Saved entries
* * *

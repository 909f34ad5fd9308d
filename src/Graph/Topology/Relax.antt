-- ===== src/Graph/Topology/Relax.antt =====
-- The inner loop of Kahn's algorithm: what it subtracts, and whom it puts on the queue.
use nazh.Base.{
  ℕ, ◌+◌, ◌-◌, ◌≡◌, not, ◌&&◌, String, List, [], ◌∷◌, ◌++◌, inl, inr, if◌then◌else◌, ◌==◌, Dict,
  lookup, insert, arith, eq_iff, Option-cases,
}
use nazh.Graph.Types.{WorkflowEdge}
use nazh.Graph.Topology.{relax}
use nazh.Graph.Topology.Count.{one_if, occurs, occurs-append}
use nazh.Graph.Topology.Waiting.{into, occurs_one}
use nazh.Graph.Topology.Degrees.{IsCounted, IsCounted-ext, insert-IsCounted}

-- one for a node whose count reaches 0 by the edges `es`
abbrev pub freed : List String → (String → ℕ) → List WorkflowEdge → String → ℕ
freed ids base es u =
    if occurs u ids == 0 then 0 else one_if ((base u == 0) && not (into es u == 0))

module _ (ids : List String) (base : String → ℕ) where
  pub record IsRelaxed (es : List WorkflowEdge) (queue : List String) (r : Dict ℕ × List String)
      : Type 0 where
    pub counts : IsCounted ids base r.0
    pub queued : (u : String) → occurs u r.1 ≡ occurs u queue + freed ids base es u

  pub relax-IsRelaxed :
      (es : List WorkflowEdge) (m : Dict ℕ) (queue : List String)
      → IsCounted ids (λ u. base u + into es u) m
      → IsRelaxed es queue (relax es m queue)
  unfolding relax into
  relax-IsRelaxed [] m queue counted = record {
    counts = IsCounted-ext ids _ base m (λ u. ground arith) counted;
    queued = λ u. ground arith;
  }
  relax-IsRelaxed (e ∷ es) m queue counted = elim (Option-cases (lookup e.to m)) [
    | inl gone ↦
        let skipped = relax-IsRelaxed es m queue (
          IsCounted-ext ids _ _ m (λ u. ground (arith, gone, counted.at e.to, eq_iff e.to u))
            counted) in
        rw (gone, relax)
          (record {
            counts = skipped.counts;
            queued = λ u. ground (arith, skipped.queued u, gone, counted.at e.to, eq_iff e.to u);
          })
    | inr (n, there) ↦
        let pushed = if n - 1 == 0 then queue ++ e.to ∷ [] else queue in
        let rest = relax-IsRelaxed es (insert e.to (n - 1) m) pushed (
          insert-IsCounted ids _ _ e.to (n - 1) n m there
            (λ u. ground (arith, there, counted.at e.to, eq_iff e.to u)) counted) in
        rw (there, relax)
          (record {
            counts = rest.counts;
            queued = λ u. ground (
              arith,
              rest.queued u,
              there,
              counted.at e.to,
              eq_iff e.to u,
              occurs-append u queue (e.to ∷ []),
              occurs_one u e.to,
            );
          })
  ]
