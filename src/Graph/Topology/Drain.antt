-- ===== src/Graph/Topology/Drain.antt =====
-- The `while` loop of Kahn's algorithm: its invariant, that the fuel is enough, and what is left.
use nazh.Base.{
  ℕ, zero, suc, ◌+◌, ◌≤◌, ◌≡◌, refl, sym, ◌∙◌, ap, String, List, [], ◌∷◌, ◌++◌, if◌then◌else◌, ◌==◌,
  length, length-append, Dict, arith, eq_refl,
}
use mathlib.Core.List.{append_assoc, append-nil}
use nazh.Graph.Types.{WorkflowEdge}
use nazh.Graph.Topology.{neighbors, relax, drain}
use nazh.Graph.Topology.Count.{one_if, occurs, occurs-append, length-le}
use nazh.Graph.Topology.Waiting.{into, between, waiting, IsTopological, occurs_one, waiting_step}
use nazh.Graph.Topology.Degrees.{IsCounted, IsCounted-ext}
use nazh.Graph.Topology.Relax.{relax-IsRelaxed}

IsTopological-snoc :
    (es : List WorkflowEdge) (seen us : List String) (v : String)
    → IsTopological es seen us
    → waiting es (seen ++ us) v ≡ 0
    → IsTopological es seen (us ++ v ∷ [])
IsTopological-snoc es seen [] v h w = (ap (λ l. waiting es l v) (sym (append-nil seen)) ∙ w, tt)
IsTopological-snoc es seen (u ∷ us) v h w = (
  h.0,
  IsTopological-snoc es (seen ++ u ∷ []) us v h.1
      (ap (λ l. waiting es l v) (append_assoc seen (u ∷ []) us) ∙ w),
)

-- one for a node that waits for nobody
abbrev pub is_free : List String → List WorkflowEdge → List String → String → ℕ
is_free ids es order u = if occurs u ids == 0 then 0 else one_if (waiting es order u == 0)

module _ (ids : List String) (es : List WorkflowEdge) (downstream : Dict (List WorkflowEdge))
    (lists : (v u : String) → into (neighbors downstream v) u ≡ between es v u) where
  -- the counts are of the edges still waited for, and the order with the queue has each node that
  -- waits for nobody, once
  pub record IsDraining (m : Dict ℕ) (queue order : List String) : Type 0 where
    pub counts : IsCounted ids (waiting es order) m
    pub free : (u : String) → occurs u order + occurs u queue ≡ is_free ids es order u
    pub sorted : IsTopological es [] order

  module _ (m : Dict ℕ) (v : String) (queue order : List String)
      (h : IsDraining m (v ∷ queue) order) where
    new : occurs v order ≡ 0
    unfolding occurs
    new = ground (arith, h.free v, eq_refl v)

    ready : waiting es order v ≡ 0
    unfolding occurs
    ready = ground (arith, h.free v, eq_refl v)

    split :
        (u : String)
        → waiting es order u ≡ waiting es (order ++ v ∷ []) u + into (neighbors downstream v) u
    split u = omega (arith, waiting_step es order v u new, lists v u)

    step-IsDraining :
        let r = relax (neighbors downstream v) m queue in IsDraining r.0 r.1 (order ++ v ∷ [])
    unfolding occurs
    step-IsDraining =
        let after =
          relax-IsRelaxed ids (waiting es (order ++ v ∷ [])) (neighbors downstream v) m queue
            (IsCounted-ext ids _ _ m (λ u. ground (arith, split u)) h.counts) in
        record {
          counts = after.counts;
          free = λ u. ground (
            arith,
            after.queued u,
            split u,
            h.free u,
            occurs-append u order (v ∷ []),
            occurs_one u v,
          );
          sorted = IsTopological-snoc es [] order v h.sorted ready;
        }

  within :
      (m : Dict ℕ) (queue order : List String)
      → IsDraining m queue order
      → (u : String) → occurs u (order ++ queue) ≤ occurs u ids
  within m queue order h u = ground (arith, occurs-append u order queue, h.free u)

  drained :
      (m : Dict ℕ) (order : List String)
      → IsDraining m [] order
      → (u : String) → occurs u order ≡ is_free ids es order u
  unfolding occurs
  drained m order h u = omega (arith, h.free u)

  -- Fuel for the nodes that are not in the order yet is enough: the queue is empty at the end.
  pub drain-IsDrained :
      (fuel : ℕ) (m : Dict ℕ) (queue order : List String)
      → length ids ≤ fuel + length order
      → IsDraining m queue order
      → let r = drain fuel downstream m queue order in
        (r.0 ≡ [])
        × (IsTopological es [] r.1)
        × ((u : String) → occurs u r.1 ≡ is_free ids es r.1 u)
  unfolding drain
  drain-IsDrained zero m [] order enough h = (refl, h.sorted, drained m order h)
  drain-IsDrained (suc fuel) m [] order enough h = (refl, h.sorted, drained m order h)
  drain-IsDrained zero m (v ∷ queue) order enough h =
      let short = length-le (order ++ v ∷ queue) ids (within m (v ∷ queue) order h) in
      absurd (omega (arith, short, length-append order (v ∷ queue)))
  drain-IsDrained (suc fuel) m (v ∷ queue) order enough h =
      drain-IsDrained fuel _ _ (order ++ v ∷ []) (omega (arith, length-append order (v ∷ [])))
        (step-IsDraining m v queue order h)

* * *

WORK ORDER: Show the lines above that have the word "IsRelaxed".

EXERCISE RESULT:
  pub record IsRelaxed (es : List WorkflowEdge) (queue : List String) (r : Dict ℕ × List String)
  pub relax-IsRelaxed :
      → IsRelaxed es queue (relax es m queue)
  relax-IsRelaxed [] m queue counted = record {
  relax-IsRelaxed (e ∷ es) m queue counted = elim (Option-cases (lookup e.to m)) [
        let skipped = relax-IsRelaxed es m queue (
        let rest = relax-IsRelaxed es (insert e.to (n - 1) m) pushed (
use nazh.Graph.Topology.Relax.{relax-IsRelaxed}
          relax-IsRelaxed ids (waiting es (order ++ v ∷ [])) (neighbors downstream v) m queue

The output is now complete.